Among the entries below, find the lines that hold the word "secs" and report them.

=-=-=-=-=

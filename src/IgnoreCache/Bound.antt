-- ===== src/IgnoreCache/Bound.antt =====
-- src/server/jail.rs: the size of the cache, and what it answers.
use rail2ban.Prelude.{
  ℕ, ◌-◌, ◌≤◌, ◌<◌, ◌≡◌, refl, Bool, Option, none, some, List, [], ◌∷◌, inl, inr, Str, arith,
  Bool-cases, if◌then◌else◌, leb, ltb, ◌==◌, ◌*◌, trim, split, length, str_eq, str_eq_refl,
  str_eq_iff,
}
use mathlib.Core.Path.{subst}
use rail2ban.Prelude.Dict
use rail2ban.Prelude.Dict.{
  Unique, remove-Unique, insert-Unique, length-insert, length-remove-le, lookup-insert,
  lookup-insert_self,
}
use rail2ban.IgnoreCache.{
  IgnoreCache, parse, get, insert, make_room, first_expired, evict_first, evict_key, of_limits,
  parse_spec, parse_parts,
}

-- Removing a key that is there makes the map shorter.
length-remove-lt :
    (k : Str) (m : List (Str × (Bool × ℕ))) {e : Bool × ℕ}
    → Dict.lookup k m ≡ some e
    → length (Dict.remove k m) < length m
unfolding Dict.lookup Dict.remove
length-remove-lt k [] h = cc
length-remove-lt k ((j, w) ∷ m) h = elim (Bool-cases (str_eq j k)) [
  | inl own ↦ rw own (omega (arith, length-remove-le k m))
  | inr other ↦ rw other (omega (arith, length-remove-lt k m (rw other at h)))
]

found : (k : Str) (e : Bool × ℕ) (m : List (Str × (Bool × ℕ))) → Dict.lookup k ((k, e) ∷ m) ≡ some e
unfolding Dict.lookup
found k e m = rw str_eq_refl

lookup-first_expired :
    (now max_time : ℕ) (m : List (Str × (Bool × ℕ))) (k : Str)
    → first_expired now max_time m ≡ some k
    → (e : Bool × ℕ) × (Dict.lookup k m ≡ some e)
unfolding first_expired Dict.lookup
lookup-first_expired now max_time [] k h = absurd (cc)
lookup-first_expired now max_time ((j, w) ∷ m) k h = elim (Bool-cases (str_eq j k)) [
  | inl own ↦ (w, rw own)
  | inr other ↦
      let next : first_expired now max_time m ≡ some k = ground (arith, str_eq_iff j k) in
      let (e, found) = lookup-first_expired now max_time m k next in (e, rw other found)
]

evict_key-lt :
    (now max_time : ℕ) (m : List (Str × (Bool × ℕ)))
    → 0 < length m
    → length (evict_key (first_expired now max_time m) m) < length m
evict_key-lt now max_time m some_entry = go (first_expired now max_time m) refl
  where
    first : (m : List (Str × (Bool × ℕ))) → 0 < length m → length (evict_first m) < length m
    first [] h = absurd (omega arith)
    first ((k, e) ∷ m) h = length-remove-lt k ((k, e) ∷ m) (found k e m)

    go : (o : Option Str) → first_expired now max_time m ≡ o → length (evict_key o m) < length m
    go none e = first m some_entry
    go (some k) e =
        let (_, found) = lookup-first_expired now max_time m k e in length-remove-lt k m found

make_room-lt :
    (c : IgnoreCache) (now : ℕ)
    → 0 < c.max_count
    → length c.entries ≤ c.max_count
    → length (make_room c now) < c.max_count
unfolding make_room
make_room-lt c now some_room bounded = elim (Bool-cases (leb c.max_count (length c.entries))) [
  | inl full ↦
      let some_entry : 0 < length c.entries = ground arith in
      rw full (omega (arith, evict_key-lt now c.max_time c.entries some_entry))
  | inr free ↦ rw free (ground arith)
]

make_room-Unique : (c : IgnoreCache) (now : ℕ) → Unique c.entries → Unique (make_room c now)
unfolding make_room
make_room-Unique c now u = elim (Bool-cases (leb c.max_count (length c.entries))) [
  | inl full ↦ rw full (evicted (first_expired now c.max_time c.entries))
  | inr free ↦ rw free u
]
  where
    first : (m : List (Str × (Bool × ℕ))) → Unique m → Unique (evict_first m)
    first [] u = u
    first ((k, e) ∷ m) u = remove-Unique k ((k, e) ∷ m) u

    evicted : (o : Option Str) → Unique (evict_key o c.entries)
    evicted none = first c.entries u
    evicted (some k) = remove-Unique k c.entries u

pub record IsValid (c : IgnoreCache) : Type 0 where
  pub positive : 0 < c.max_count
  pub bounded : length c.entries ≤ c.max_count
  pub unique : Unique c.entries

-- A parsed specification is a valid, empty cache.
pub parse-IsValid :
    (spec : Str) (c : IgnoreCache) → parse spec ≡ some c → IsValid c × (c.entries ≡ [])
unfolding parse
parse-IsValid spec c e = trimmed (trim spec) e
  where
    limited : (limits : ℕ × ℕ) → of_limits limits ≡ some c → IsValid c × (c.entries ≡ [])
    limited (count, secs) e = elim (Bool-cases (count == 0)) [
      | inl zero_count ↦ absurd (ground arith)
      | inr positive ↦
          let made : IgnoreCache = record {
            max_count = count;
            max_time = secs * 1000000000;
            entries = [];
          } in
          let e' : some made ≡ some c = rw positive at e in
          let same : made ≡ c = cc in
          subst (λ c. IsValid c × (c.entries ≡ [])) same
            (record { positive = ground arith; bounded = omega arith; unique = tt }, refl)
    ]

    trimmed : (s : Str) → parse_spec s ≡ some c → IsValid c × (c.entries ≡ [])
    trimmed [] e = absurd (cc)
    trimmed (d ∷ ds) e = limited (parse_parts (100, 3600) (split (λ d. d == b',') (d ∷ ds))) e

-- An insertion keeps the cache within its size and its keys distinct, and the key that was inserted
-- answers with the result for `max_time` from then on, and not after.
pub insert-IsValid :
    (c : IgnoreCache) (key : Str) (result : Bool) (now later : ℕ)
    → IsValid c
    → IsValid (insert c key result now)
      × (get (insert c key result now) key later
          ≡ (if ltb c.max_time (later - now) then none else some result))
unfolding insert get
insert-IsValid c key result now later v = (
  record {
    positive = v.positive;
    bounded = ground (
      arith,
      length-insert key (result, now) (make_room c now),
      make_room-lt c now v.positive v.bounded,
    );
    unique = insert-Unique key _ (make_room c now) (make_room-Unique c now v.unique);
  },
  rw lookup-insert_self refl,
)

=-=-=-=-=

### Written reply
    limited (count, secs) e = elim (Bool-cases (count == 0)) [
            max_time = secs * 1000000000;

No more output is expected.